Work to be completed — Search the data below for the string "false". Extract every line that contains it.

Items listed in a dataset
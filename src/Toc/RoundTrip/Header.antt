-- ===== src/Toc/RoundTrip/Header.antt =====
-- The header.
use greenmask.Common.{
  ℕ, ◌<◌, ◌%◌, ◌≡◌, true, false, refl, Bytes, codes, Option, none, [], ◌∷◌, Bool, Bool-cases,
  String, not, raise, unsupported_format, inl, inr, Exec, pure, label, ◌>>=◌, ◌>>◌, IsWord32, arith,
  leb, ltb, ◌==◌, if◌then◌else◌,
}
use greenmask.Toc.Version.{arch_tar, max_minor, make_archive_version, backup_version, has_rev}
use greenmask.Toc.Types.{CompressionSpecification, Crtm, Header, zero_crtm}
use greenmask.Toc.Encoding.{FitsStr}
use greenmask.Toc.Persisted.{
  kept, persisted_spec, preamble_of, persisted_header, IsCrtm, IsWritableHeader,
}
use greenmask.Toc.Writer
use greenmask.Toc.Writer.{Writer, write_byte, write_buf, write_int}
use greenmask.Toc.Writer.Emits.{Emits-then, Emits-label, Emits-write_byte, Emits-write_buf}
use greenmask.Toc.Writer.Header.{
  write_version, write_sizes, write_preamble, write_compression, write_crtm, write_details,
  write_header,
}
use greenmask.Toc.Reader
use greenmask.Toc.Reader.{Reader, read_bytes, read_byte, read_int}
use greenmask.Toc.Reader.Reads.{
  Context, ready, Reads-bind, Reads-pure, Reads-label, Reads-read_bytes, Reads-read_byte,
  Reads-modify,
}
use greenmask.Toc.Reader.Header.{
  Preamble, read_magic, read_rev, read_format, read_checked, pair, read_version, read_sizes,
  read_preamble, read_compression, read_crtm, read_details, read_header, set_version, set_int_size,
  spec_of_level,
}
use greenmask.Toc.RoundTrip.{
  Link, Link-then, Link-silent, Link-last, Link-label, Link-label_writer, Link-label_reader,
  Link-if,
}
use greenmask.Toc.RoundTrip.Values.{Link-int, Link-str}

abbrev pub blank : Context
blank = record { int_size = 0; version = 0; max_dump_id = 0 }

Link-byte : {v : ℕ} {c : Context} (b : ℕ) → Link v c (write_byte b) read_byte b c
Link-byte {c} b = record { bytes = b ∷ []; emits = Emits-write_byte b; reads = Reads-read_byte c b }

Link-magic :
    {v : ℕ} {c : Context} (msg : String)
    → Link v c (label msg (write_buf (codes "PGDMP"))) read_magic tt c
unfolding read_magic
Link-magic {c} msg = record {
  bytes = codes "PGDMP";
  emits = Emits-label _ _ (Emits-write_buf _);
  reads = record { run = λ rest p. rw ((Reads-read_bytes c (codes "PGDMP")).run rest p) };
}

-- Two bytes that the writer writes one by one and the reader reads at once.
Link-pair :
    {v : ℕ} {c : Context} {B : Type 0} {w : Exec Writer (Unit {0})} (msg₁ msg₂ msg : String)
    (k : ℕ × ℕ → Exec Reader B) (a b : ℕ) {y : B}
    → Link v c w (k (a, b)) y c
    → Link v c
        (label msg₁ (write_byte a) >> (label msg₂ (write_byte b) >> w))
        (label msg (read_bytes 2 >>= pair) >>= k)
        y
        c
unfolding pair
Link-pair {c} msg₁ msg₂ msg k a b h = record {
  bytes = a ∷ b ∷ h.bytes;
  emits =
      Emits-then _ _ (Emits-label _ _ (Emits-write_byte a))
        (Emits-then _ _ (Emits-label _ _ (Emits-write_byte b)) h.emits);
  reads =
      Reads-bind _ k
        (Reads-label msg _
          (Reads-bind (read_bytes 2) pair (Reads-read_bytes c (a ∷ b ∷ [])) (Reads-pure (a, b))))
        h.reads;
}

has_rev-IsWritableHeader :
    (h : Header) → IsWritableHeader h → has_rev h.version_major h.version_minor ≡ true
unfolding has_rev
has_rev-IsWritableHeader h holds = ground (arith, holds.major, holds.minor)

abbrev finish : Header → ℕ → Exec Reader Preamble
finish h format =
    if not (format == arch_tar)
    then raise (unsupported_format format)
    else pure (record (preamble_of h) { format = format })

Link-version :
    {v : ℕ} {c : Context} (h : Header)
    → IsWritableHeader h
    → Link v c (write_version h) read_version (h.version_major, h.version_minor, h.version_rev) c
unfolding write_version read_version read_rev
Link-version h holds = Link-then _ (Link-magic _) (
    Link-pair _ _ _ read_rev h.version_major h.version_minor (
      rw (has_rev-IsWritableHeader h holds)
        (Link-last _ (Link-label _ _ (Link-byte h.version_rev)) (Reads-pure _))))

Link-format :
    {v m : ℕ} (h : Header)
    → IsWritableHeader h
    → Link v
        (ready v m)
        ((if leb (backup_version 7) h.version
            then label "cannot write offSize" (write_byte (h.off_size % 256))
            else pure tt)
          >> label "cannot write format" (write_byte h.format))
        (read_format h.version_major h.version_minor h.version_rev h.version 4)
        (preamble_of h)
        (ready v m)
unfolding read_format
Link-format h holds =
    let known : not (h.format == arch_tar) ≡ false = ground (arith, holds.format) in
    let same : h.off_size % 256 ≡ h.off_size = omega (arith, holds.off_size) in
    rw same (
      Link-then _ (Link-if _ (Link-label _ _ (Link-byte h.off_size)) (Reads-pure 4))
        (Link-last (finish h) (Link-label _ _ (Link-byte h.format)) (rw known (Reads-pure _))))

Link-sizes :
    {v m : ℕ} (h : Header)
    → IsWritableHeader h
    → Link v
        (record { int_size = 0; version = v; max_dump_id = m })
        (write_sizes h)
        (read_sizes h.version_major h.version_minor h.version_rev h.version)
        (preamble_of h)
        (ready v m)
unfolding write_sizes read_sizes set_int_size
Link-sizes {v} {m} h holds =
    let four : h.int_size % 256 ≡ 4 = omega (arith, holds.int_size) in
    rw four (
      Link-then _ (Link-label _ _ (Link-byte 4)) (
        Link-silent (λ _. read_format h.version_major h.version_minor h.version_rev h.version 4)
          (Reads-modify _ (ready v m) (set_int_size 4) (λ rest p. refl)) (Link-format h holds)))

-- Versions that can be written are later than 1.0.
pub version-IsWritableHeader : (h : Header) → IsWritableHeader h → 65536 < h.version
unfolding make_archive_version
version-IsWritableHeader h holds = omega (arith, holds.version, holds.major, holds.minor)

not_too_old : (v : ℕ) → 65536 < v → ltb v (backup_version 0) ≡ false
unfolding backup_version
not_too_old v late = ground arith

Link-checked :
    {m : ℕ} (h : Header)
    → IsWritableHeader h
    → Link h.version
        (record { int_size = 0; version = 0; max_dump_id = m })
        (write_sizes h)
        (read_checked (h.version_major, h.version_minor, h.version_rev))
        (preamble_of h)
        (ready h.version m)
unfolding read_checked set_version
Link-checked {m} h holds =
    let low = not_too_old h.version (version-IsWritableHeader h holds) in
    let high : ltb (backup_version max_minor) h.version ≡ false = ground (arith, holds.supported) in
    rw (← holds.version) (
      rw (low, high)
        (Link-silent (λ _. read_sizes h.version_major h.version_minor h.version_rev h.version)
          (Reads-modify _ (record { int_size = 0; version = h.version; max_dump_id = m })
            (set_version h.version) (λ rest p. refl))
          (Link-sizes h holds)))

module _ {v m : ℕ} (late : 65536 < v) where
  Link-level :
      (level : ℕ)
      → IsWord32 level
      → Link v
          (ready v m)
          (if ltb v (backup_version 4) then write_byte (level % 256) else write_int level)
          (if ltb v (backup_version 4) then read_byte else read_int)
          (kept v 4 level (level % 256))
          (ready v m)
  Link-level level word = elim (Bool-cases (leb (backup_version 4) v)) [
    | inl e ↦
        let new : ltb v (backup_version 4) ≡ false = ground arith in
        rw (e, new) (Link-int v m late level word)
    | inr e ↦
        let old : ltb v (backup_version 4) ≡ true = ground arith in
        rw (e, old) (Link-byte (level % 256))
  ]

  Link-compression :
      (c : CompressionSpecification)
      → IsWord32 c.level
      → Link v
          (ready v m)
          (write_compression v c)
          (read_compression v)
          (persisted_spec v c)
          (ready v m)
  unfolding write_compression read_compression
  Link-compression c word = elim (Bool-cases (leb (backup_version 15) v)) [
    | inl e ↦ rw e (Link-last _ (Link-label _ _ (Link-byte (c.algorithm % 256))) (Reads-pure _))
    | inr e ↦ rw e (
        Link-if (leb (backup_version 2) v)
          (Link-last (λ level. pure (spec_of_level level))
            (Link-label _ _ (Link-level c.level word)) (Reads-pure _))
          (Reads-pure _))
  ]

  Link-crtm : (t : Crtm) → IsCrtm t → Link v (ready v m) (write_crtm t) read_crtm t (ready v m)
  unfolding write_crtm read_crtm
  Link-crtm t h =
      let int = λ (x : ℕ) (word : IsWord32 x). Link-int v m late x word in
      Link-then _ (Link-label_writer _ (int t.tm_sec h.tm_sec)) (
        Link-then _ (Link-label_writer _ (int t.tm_min h.tm_min)) (
          Link-then _ (Link-label_writer _ (int t.tm_hour h.tm_hour)) (
            Link-then _ (Link-label_writer _ (int t.tm_mday h.tm_mday)) (
              Link-then _ (Link-label_writer _ (int t.tm_mon h.tm_mon)) (
                Link-then _ (Link-label_writer _ (int t.tm_year h.tm_year)) (
                  Link-last _ (Link-label_writer _ (int t.tm_is_dst h.tm_is_dst))
                    (Reads-pure t)))))))

Link-crtm_if :
    {v m : ℕ} (late : 65536 < v) (has : Bool) (t : Crtm)
    → IsCrtm t
    → Link v
        (ready v m)
        (Writer.Header.crtm_if has t)
        (Reader.Header.crtm_if has)
        (if has then t else zero_crtm)
        (ready v m)
unfolding Writer.Header.crtm_if Reader.Header.crtm_if
Link-crtm_if late has t h =
    Link-if has (Link-label_reader _ (Link-crtm late t h)) (Reads-pure zero_crtm)

Link-str_if :
    {v m : ℕ} (late : 65536 < v) (has : Bool) (msg₁ msg₂ : String) (s : Option Bytes)
    → FitsStr s
    → Link v
        (ready v m)
        (Writer.Header.str_if has msg₁ s)
        (Reader.Header.str_if has msg₂)
        (if has then s else none)
        (ready v m)
unfolding Writer.Header.str_if Reader.Header.str_if
Link-str_if {v} {m} late has msg₁ msg₂ s fits =
    Link-if has (Link-label _ _ (Link-str v m late s fits)) (Reads-pure none)

Link-details :
    {m : ℕ} (h : Header)
    → IsWritableHeader h
    → Link h.version
        (ready h.version m)
        (write_details h)
        (read_details (preamble_of h))
        (persisted_header h 0 0)
        (ready h.version m)
unfolding write_details read_details
Link-details h holds =
    let late = version-IsWritableHeader h holds in
    Link-then _ (Link-compression late h.compression_spec holds.level) (
      Link-then _ (Link-crtm_if late _ h.crtm_date_time holds.crtm) (
        Link-then _ (Link-str_if late _ _ _ h.arch_db_name holds.arch_db_name) (
          Link-then _ (Link-str_if late _ _ _ h.archive_remote_version holds.archive_remote_version)
            (Link-last _ (Link-str_if late _ _ _ h.archive_dump_version holds.archive_dump_version)
              (Reads-pure _)))))

pub Link-header :
    (h : Header)
    → IsWritableHeader h
    → Link h.version blank (write_header h) read_header (persisted_header h 0 0) (ready h.version 0)
unfolding write_header write_preamble read_header read_preamble
Link-header h holds =
    Link-then read_details (Link-then read_checked (Link-version h holds) (Link-checked h holds))
      (Link-details h holds)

Response to this task —
  ℕ, ◌<◌, ◌%◌, ◌≡◌, true, false, refl, Bytes, codes, Option, none, [], ◌∷◌, Bool, Bool-cases,
    let known : not (h.format == arch_tar) ≡ false = ground (arith, holds.format) in
not_too_old : (v : ℕ) → 65536 < v → ltb v (backup_version 0) ≡ false
    let high : ltb (backup_version max_minor) h.version ≡ false = ground (arith, holds.supported) in
        let new : ltb v (backup_version 4) ≡ false = ground arith in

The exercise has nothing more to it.